Inclusive Learning for the Rural Healthcare Professional: Considering the Needs of a Diverse Population

Inclusive Learning for the Rural Healthcare Professional: Considering the Needs of a Diverse Population

Sherry Kollmann (Southern New Hampshire University, USA) and Bernice Bain (Southern New Hampshire University, USA)
DOI: 10.4018/978-1-5225-9279-2.ch052

Abstract

The focus of this chapter is on health care manager's need to develop equal learning opportunities in rural communities. Educational opportunities for healthcare professionals in the rural facilities often get overlooked and/or require more effort to obtain the same level of training as their urban counterparts (Buzza, Ono,Turvey, Whittrock, Noble, Reddy, Kaboli, & Schacht, 2011; Hartung, Hamer, Middleton, Haxby, & Fagnan, 2012).
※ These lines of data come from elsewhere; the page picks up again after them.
-- ===== src/Content/Examples.antt =====
-- internal/notifier/presets.go: the text preset with media at hand.
use frigate_notifications.Prelude.{refl, some, lit, [], ◌*◌}
use frigate_notifications.Clock.{second}
use frigate_notifications.Config.{Rule, text}
use frigate_notifications.Rules.{end}
use frigate_notifications.Environment.{Env}
use frigate_notifications.Store.Memory.{Mem}
use frigate_notifications.Scene.{world, house, car_gone, quiet_rule}
use frigate_notifications.Content.TextOnly.{IsTextOnly, build_content-IsTextOnly}
use frigate_notifications.Content.{build_content}

abbrev signing : Env Mem
signing = record world {
  signer = some (record { mac = λ t. t; base_url = lit "https://m"; ttl = 3600 * second });
}

abbrev plain_rule : Rule
plain_rule = record quiet_rule { preset = text }

build_content-IsTextOnly_example :
    IsTextOnly (build_content signing house 0 car_gone plain_rule end (lit "fn-r1") (lit "e1") []).0
build_content-IsTextOnly_example =
    build_content-IsTextOnly signing house 0 car_gone plain_rule end (lit "fn-r1") (lit "e1") []
      refl
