-- ===== src/Content/Kept.antt =====
-- internal/notifier/presets.go: what attaching media leaves alone.
use frigate_notifications.Prelude.{
  ℕ, ◌≡◌, ◌∙◌, refl, Bool, not, ◌&&◌, List, [], ◌∷◌, Text, Option-cases, Bool-cases, inl, inr,
  arith,
}
use frigate_notifications.Config.{Config, Rule}
use frigate_notifications.Rules.{Phase}
use frigate_notifications.Frigate.{ReviewPayload}
use frigate_notifications.Message.{Message}
use frigate_notifications.Media.{Signer}
use frigate_notifications.Environment.{Env, Probe, fits, too_large, unavailable}
use frigate_notifications.Content.{
  Attached, Candidate, turn, attach_all, build_content, compose, live, is_clip, media_candidates,
}

module _ {P : Type 0} (env : Env P) (cfg : Config) where
  turn-tag :
      (s : Signer) (now : ℕ) (attach : Bool) (cand : Candidate) (p : Probe) (a : Attached)
      → (turn env cfg s now attach cand p a).message.tag ≡ a.message.tag
  unfolding attach_all
  turn-tag s now attach cand unavailable a = refl
  turn-tag s now attach cand too_large a = ground arith
  turn-tag s now attach cand fits a = ground arith

  attach_all-tag :
      (s : Signer) (now : ℕ) (attach : Bool) (cands : List Candidate) (a : Attached)
      → (attach_all env cfg s now attach cands a).message.tag ≡ a.message.tag
  unfolding attach_all
  attach_all-tag s now attach [] a = refl
  attach_all-tag s now attach (cand ∷ rest) a =
      let next = turn env cfg s now attach cand (env.probe cand.media cand.id) a in
      elim (Bool-cases (not attach && not (is_clip cand.media))) [
        | inl stops ↦ rw stops
        | inr goes_on ↦ rw goes_on (
            attach_all-tag s now attach rest next
            ∙ turn-tag s now attach cand (env.probe cand.media cand.id) a)
      ]

  live-tag :
      (rule : Rule) (review : ReviewPayload) (m : Message)
      → (live env cfg rule review m).tag ≡ m.tag
  unfolding live
  live-tag rule review m = ground arith

  compose-tag :
      (review : ReviewPayload) (phase : Phase) (tag description : Text)
      → (compose env cfg review phase tag description).tag ≡ tag
  unfolding compose
  compose-tag review phase tag description = refl

  -- A notification is under the tag that it was asked for.
  pub build_content-tag :
      (now : ℕ) (review : ReviewPayload) (rule : Rule) (phase : Phase)
      (tag event_id description : Text)
      → (build_content env cfg now review rule phase tag event_id description).0.tag ≡ tag
  unfolding build_content
  build_content-tag now review rule phase tag event_id description =
      let c = compose env cfg review phase tag description in
      let tags = live-tag rule review c ∙ compose-tag review phase tag description in
      elim (Option-cases env.signer) [
        | inl unsigned ↦ rw unsigned tags
        | inr (s, e) ↦
            rw e (attach_all-tag s now _ (media_candidates review phase event_id) _ ∙ tags)
      ]
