-- ===== src/Database/Retries.antt =====
-- internal/db/db.go: the loop of `retryUntil` ends, and how long it waits.
use frigate_notifications.Prelude.{
  ℕ, zero, suc, ◌+◌, ◌*◌, ◌≤◌, ◌<◌, ◌≡◌, refl, ap, ◌∙◌, inl, inr, Bool, true, false, Option, some,
  List, ◌∷◌, All, length, Bool-cases, arith,
}
use frigate_notifications.Database.{retry_from, retry_until, min}

-- The loop has stopped with `b`, after at most `n` waits between `lo` and `hi`.
pub record Reports (lo hi n : ℕ) (b : Bool) (out : Option Bool × List ℕ) : Type 0 where
  pub reported : out.0 ≡ some b
  pub few : length out.1 ≤ n
  pub short : All (λ w. (lo ≤ w) × (w ≤ hi)) out.1

-- One wait more.
Reports-wait :
    {lo hi n w : ℕ} {b : Bool} (reports : Option Bool) (waits : List ℕ)
    → (lo ≤ w) × (w ≤ hi)
    → Reports lo hi n b (reports, waits)
    → Reports lo hi (suc n) b (reports, w ∷ waits)
Reports-wait reports waits h r =
    let few = r.few in record { reported = r.reported; few = omega arith; short = (h, r.short) }

module _ (lo hi : ℕ) (ordered : lo ≤ hi) (ended works : ℕ → Bool) where
  -- From the attempt `k` on, with `n` more before `m`, which works.
  retry_from-Reports :
      (n m fuel k wait : ℕ)
      → (lo ≤ wait) × (wait ≤ hi)
      → n < fuel
      → ((i : ℕ) → i ≤ m → ended i ≡ false)
      → works m ≡ true
      → n + k ≡ m
      → Reports lo hi (suc n) true (retry_from hi ended works fuel k wait)
  unfolding retry_from
  retry_from-Reports n m zero k wait h f e w at = absurd (omega arith)
  retry_from-Reports zero m (suc fuel) k wait h f e w at =
      let k_is_m : k ≡ m = omega (arith, at) in
      rw (e k (omega arith), ap works k_is_m ∙ w)
        (record { reported = refl; few = omega arith; short = (h, tt) })
  retry_from-Reports (suc n) m (suc fuel) k wait h f e w at =
      rw (e k (omega arith)) (elim (Bool-cases (works k)) [
        | inl b ↦ rw b (record { reported = refl; few = omega arith; short = (h, tt) })
        | inr b ↦ rw b (
            Reports-wait _ _ h (
              retry_from-Reports n m fuel (suc k) (min (wait * 2) hi) (ground arith) (omega arith) e
                w (omega arith)))
      ])

  -- Where the attempt number `n` works and the context has not ended by then, `retryUntil` reports
  -- success after at most n + 1 waits, each between the first wait and the longest; a fuel of more than
  -- `n` is enough.
  pub retry_until-Reports :
      (n fuel : ℕ)
      → n < fuel
      → ((i : ℕ) → i ≤ n → ended i ≡ false)
      → works n ≡ true
      → Reports lo hi (suc n) true (retry_until hi ended works fuel lo)
  unfolding retry_until
  retry_until-Reports n fuel f e w =
      retry_from-Reports n n fuel 0 lo ((omega arith), ordered) f e w (omega arith)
Education and self-directed learning (SDL) promotes emancipatory learning and social action (Lindeman, 1926; Merriam & Caffarella, 1999). It provides a way to minimize the gap in learning opportunities for those serving rural communities. Intentionally integrating socio-cognitive and critical pedagogy (Kincheloe, 2008) into their learning engagement can influence the necessary emotional, motivational, and cognitive engagement. The factors considered for this rural population---- include: diversity of staff (i.e., socioeconomic background, cultural differences, learning abilities, and lived experiences), available resources (i.e., computer equipment, speed of internet connection, funding, and staff resources), and the connectedness between the learner and the educator.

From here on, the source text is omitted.